Arriving from a rare week of sunshine in Glasgow to a fairly dull and chilly Inverness would normally be a bit of a mood killer but a quick gander around the Brew at the Bog arena quickly rectifies this. What this festival may lack in size, it makes up for with its warm audiences, tasty burritos and quirky location. The main stage can be found only 100 yards away from your tent in a garden area outside, while a quick walk around the mazy farm buildings will find you the cosy, wonderfully decorated Bloc and Northern Roots stages, along with a good choice of bars serving up some local brew. This is a festival with real heart; it feels, more than anything, like you’re attending an event at your friend’s house. The sun may not properly appear until the following day but it doesn’t matter a jot.

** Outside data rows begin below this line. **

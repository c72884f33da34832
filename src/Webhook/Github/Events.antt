-- ===== src/Webhook/Github/Events.antt =====
-- The events of the package go-github: the record of what the accessors and the fields that
-- vcsutils/webhookparser/github.go reads give. The package's functions are the parameter `Api`.
use froggit_go.Base.{String, ℤ, Bool, Option, none, Result}
use froggit_go.Vcs.Values.{Zero}
use froggit_go.Webhook.Http.{Request, Time}

-- `*github.User` and `*github.CommitAuthor`, by the fields that are read.
pub record Account : Type 0 where
  pub login : Option String
  pub name : Option String
  pub email : Option String

pub record PushRepository : Type 0 where
  pub name : Option String
  pub owner : Option Account

pub record HeadCommit : Type 0 where
  pub message : Option String
  pub url : Option String
  pub committer : Option Account
  pub author : Option Account

pub record PushEvent : Type 0 where
  pub ref : String
  pub created : Bool
  pub deleted : Bool
  pub before : String
  pub after : String
  pub repo : Option PushRepository
  pub pusher : Option Account
  pub head_commit : Option HeadCommit
  pub head_commit_timestamp : Time

-- What the nil-safe accessors of a user, a repository, a branch and a pull request give.
pub record UserView : Type 0 where
  pub login : String
  pub name : String
  pub email : String
  pub avatar_url : String

pub record RepoView : Type 0 where
  pub name : String
  pub owner : UserView

pub record BranchView : Type 0 where
  pub ref : String
  pub sha : String
  pub repo : RepoView

pub record PullRequestView : Type 0 where
  pub number : ℤ
  pub title : String
  pub html_url : String
  pub updated_at : Time
  pub user : UserView
  pub base : BranchView
  pub head : BranchView
  pub merged : Bool

pub record PullRequestEvent : Type 0 where
  pub action : String
  pub pull_request : PullRequestView
  pub sender : UserView

pub data Event : Type 0 where
  push_event : PushEvent → Event
  pull_request_event : PullRequestEvent → Event
  other_event : Event

pub record Api : Type 0 where
  pub sha256_signature_header : String
  pub validate_payload : Request → String → Result String
  pub web_hook_type : Request → String
  pub parse_web_hook : String → String → Result Event

instance abbrev pub account_zero : Zero Account
account_zero = record { value = record { login = none; name = none; email = none } }

instance abbrev pub push_repository_zero : Zero PushRepository
push_repository_zero = record { value = record { name = none; owner = none } }

instance abbrev pub head_commit_zero : Zero HeadCommit
head_commit_zero = record {
  value = record { message = none; url = none; committer = none; author = none };
}
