-- ===== src/Webhook/Parser.antt =====
-- The interface `webhookParser` (vcsutils/webhookparser/webhookparser.go). A parser that gives
-- `ok none` has ignored the webhook: it returned `nil, nil`.
use froggit_go.Base.{String, Option, Result}
use froggit_go.Webhook.Info.{WebhookInfo}
use froggit_go.Webhook.Http.{Request}

pub record Parser : Type 0 where
  pub validate_payload : Request → String → Result String
  pub parse_incoming_webhook : Request → String → Result (Option WebhookInfo)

As it has in previous years, the lineup offers a mixture of familiar faces along with a host of new acts to become acquainted with. Local singer songwriter James Mackenzie serves up a passionate performance in front of a familiar crowd on the Northern Roots stage in the afternoon, accompanied by regular collaborator Chris Gorman on keys. He puts energy into every song, offering lovely harmonies and enough singalong moments to get the crowd going in this earlier timeslot.
What makes the lineup so exciting this year is the sheer variety on offer. From laid-back acoustic moments, you can walk round the corner and see Ex Libras on the main stage; full of heavy synths, crackling atmospherics and soaring vocals from energetic frontman Amit Sharma. The Van T’s follow with yet another storming performance, proving why there is such a buzz around them at the moment. Their nineties-inspired grunge-pop sound brings some attitude to proceedings, the band oozing coolness with each guitar riff. While at first the van Thompson sisters’ threaten to be drowned out by distortion, they quickly get into their stride and deliver a fantastic set, ‘Growler’ and ‘Laguna Babe’ proving obvious highlights; particularly by the two men at the front who have been making the most of the local beers on offer. Their new song ‘Blood Orange’ also sees a live outing, exemplifying everything we love about the band; a moody verse leading up to an amped-up chorus with a wonderfully tempestuous guitar solo to follow.
A triple whammy of local bands follow in the shape of Schnarff Schnarff, Lional and PAWS. The former have developed into a very tight live act with frontman Myles Bonnar more than up for the occasion and giving off lots of energy which feeds into the growing crowd. ‘This is How We Get Some’ proves to be a big highlight of their set. Meanwhile the much-talked about WOMPS deliver an exciting set on the Bloc Stage, full of heavy percussion and ramshackle, noisy guitars with a pop edge.
Of course, stumbling across brilliant bands you’ve never seen or heard of before is what makes these small festivals so much fun; and that’s exactly what happens in the case of Lional. They have a post-punk/noir-pop/indie sound that is reminiscent of Interpol or Joy Division, with wonderfully deep vocals from the melancholic frontman Joshua McKenzie. Their set goes down a storm with their local fanbase, particularly a fantastic cover of Bowie’s ‘Let’s Dance’ which stays very true to the original.
The night then closes with a typically energetic set from Bossy Love, who recently won spaces to play at this year’s Glastonbury after entering this year’s Emerging Talent Competition. Led by Amandah Wilkinson, formerly of Operator Please, and John Baillie Jnr, formerly of Dananananakroyd, the group have been making a reputation for themselves around Glasgow for their captivating live performances, and it’s easy to see why. Tracks like ‘Sweat It Out’ and ‘Want Some’ have the crowd jumping with Wilkinson proving herself to have real starpower as frontwoman, holding the crowd in the palm of her hand from the get-go. The Bloc stage turns into a bouncing club for their 40 minute set with the audience begging for more at the end; a must-see live act and a huge highlight of the weekend.
They finish just in time to catch the end of the Lafontaines’ headline set at the main stage. With temperatures now plummeting, frontman Kerr Okan tells the crowd, ‘We’ve came up from sunny Glasgow to possibly the coldest place I’ve ever been’. However, it doesn’t stop the band delivering a high octane set and doing just what they do best. With ‘Castle’ and ‘Shark in the Water’ proving huge highlights, their rap-rock, genre-defying set goes down a storm, full of enough singalong moments to please the dedicated group of fans at the front who are hoisted up on shoulders with each song. Of course, the band are now used to playing in front of much bigger crowds by now (whether it’s because it’s a work day or because of the weather, Friday’s attendance is noticeably smaller than Saturday; something that could possibly be considered when planning in the future) but Okan works the crowd perfectly with good banter between songs. As it only can at a festival, the set finishes with two fully-clad power rangers fighting onstage. What’s not to love?